(Information supplied)

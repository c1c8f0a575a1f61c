-- ===== src/Index/Watch.antt =====
-- core/index.py, the watcher of native roots: `notify` and `_pop_due_roots`, which the thread calls
-- in turns. Times are readings of the monotonic clock.
use quick_find.Prelude.{
  ℕ, ◌+◌, ◌≤◌, ◌≡◌, refl, Bool, true, false, not, ◌&&◌, ◌||◌, List, [], ◌∷◌, ◌++◌, if◌then◌else◌,
  some, any, leb, arith, Bool-cases, inl, inr,
}
use quick_find.Text.{Text, text_eq}
use quick_find.Dict.{Dict, get, put, text_key, get-put, get-put_self}

-- The time of the last event of each root that waits.
abbrev pub Pending : Type 0
Pending = Dict Text ℕ

unfoldable pub notify : Pending → Text → ℕ → Pending
unfolding put
notify pending root_key now = put pending root_key now

-- What the thread sees: an event below a root, or its own turn.
pub data Event : Type 0 where
  notified : (root_key : Text) (now : ℕ) → Event
  turn : (now : ℕ) → Event

module _ (debounce : ℕ) where
  unfoldable pub pop_due_roots : Pending → ℕ → List Text × Pending
  pop_due_roots [] now = ([], [])
  pop_due_roots ((root_key, last_event) ∷ pending) now =
      let rest = pop_due_roots pending now in
      if leb (last_event + debounce) now
      then (root_key ∷ rest.0, rest.1)
      else (rest.0, (root_key, last_event) ∷ rest.1)

  -- The roots that are reported, in order, and what is left.
  unfoldable pub watch : Pending → List Event → List Text × Pending
  unfolding notify pop_due_roots
  watch pending [] = ([], pending)
  watch pending (notified root_key now ∷ events) = watch (notify pending root_key now) events
  watch pending (turn now ∷ events) =
      let due = pop_due_roots pending now in
      let rest = watch due.1 events in (due.0 ++ rest.0, rest.1)

  abbrev pub reports : Text → List Text → Bool
  reports root_key keys = any (λ k. text_eq k root_key) keys

  reports-append :
      (root_key : Text) (ks js : List Text)
      → reports root_key (ks ++ js) ≡ (reports root_key ks || reports root_key js)
  reports-append root_key [] js = refl
  reports-append root_key (k ∷ ks) js = ground (arith, reports-append root_key ks js)

  -- A root that waits is reported once it is due, and waits on before.
  pop_due_roots-due :
      (pending : Pending) (root_key : Text) (last now : ℕ)
      → get pending root_key ≡ some last
      → leb (last + debounce) now ≡ true
      → reports root_key (pop_due_roots pending now).0 ≡ true
  unfolding pop_due_roots get
  pop_due_roots-due [] root_key last now h due = ground (arith, h)
  pop_due_roots-due ((k, t) ∷ pending) root_key last now h due =
      ground (arith, h, due, pop_due_roots-due pending root_key last now)

  pop_due_roots-get :
      (pending : Pending) (root_key : Text) (last now : ℕ)
      → get pending root_key ≡ some last
      → leb (last + debounce) now ≡ false
      → get (pop_due_roots pending now).1 root_key ≡ some last
  unfolding pop_due_roots get
  pop_due_roots-get [] root_key last now h due = ground (arith, h)
  pop_due_roots-get ((k, t) ∷ pending) root_key last now h due =
      ground (arith, h, due, pop_due_roots-get pending root_key last now)

  -- No event below the root.
  abbrev pub quiet : Text → List Event → Bool
  quiet root_key [] = true
  quiet root_key (notified k now ∷ events) = not (text_eq k root_key) && quiet root_key events
  quiet root_key (turn now ∷ events) = quiet root_key events

  waiting-reports :
      (pending : Pending) (root_key : Text) (last now : ℕ) (events : List Event)
      → get pending root_key ≡ some last
      → quiet root_key events ≡ true
      → leb (last + debounce) now ≡ true
      → reports root_key (watch pending (events ++ (turn now ∷ []))).0 ≡ true
  unfolding watch notify
  waiting-reports pending root_key last now [] h calm due = ground (
    arith,
    pop_due_roots-due pending root_key last now h due,
    reports-append root_key (pop_due_roots pending now).0 [],
  )
  waiting-reports pending root_key last now (notified k at ∷ events) h calm due =
      waiting-reports (put pending k at) root_key last now events
        (ground (arith, calm, h, get-put pending k root_key at)) (ground (arith, calm)) due
  waiting-reports pending root_key last now (turn at ∷ events) h calm due =
      elim (Bool-cases (leb (last + debounce) at)) [
        | inl early ↦ ground (
          arith,
          pop_due_roots-due pending root_key last at h early,
          reports-append root_key (pop_due_roots pending at).0
              (watch (pop_due_roots pending at).1 (events ++ (turn now ∷ []))).0,
        )
        | inr wait ↦ ground (
          arith,
          waiting-reports (pop_due_roots pending at).1 root_key last now events
              (pop_due_roots-get pending root_key last at h wait) calm due,
          reports-append root_key (pop_due_roots pending at).0
              (watch (pop_due_roots pending at).1 (events ++ (turn now ∷ []))).0,
        )
      ]

  -- A root with an event is reported, by the next turn at which the debounce has passed at the
  -- latest, if no other event of the root comes before that.
  pub watch-reports :
      (pending : Pending) (root_key : Text) (last now : ℕ) (events : List Event)
      → quiet root_key events ≡ true
      → last + debounce ≤ now
      → reports root_key (watch (notify pending root_key last) (events ++ (turn now ∷ []))).0 ≡ true
  unfolding notify
  watch-reports pending root_key last now events calm due =
      waiting-reports (put pending root_key last) root_key last now events
        (get-put_self pending root_key last) calm (ground (arith, due))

(End Information supplied)

• **What to do**
Start at the line containing "watch-reports pending root_key" and copy each line through the last one in the records, exactly and with nothing added.

• **Output of the exercise**
  watch-reports pending root_key last now events calm due =
      waiting-reports (put pending root_key last) root_key last now events
        (get-put_self pending root_key last) calm (ground (arith, due))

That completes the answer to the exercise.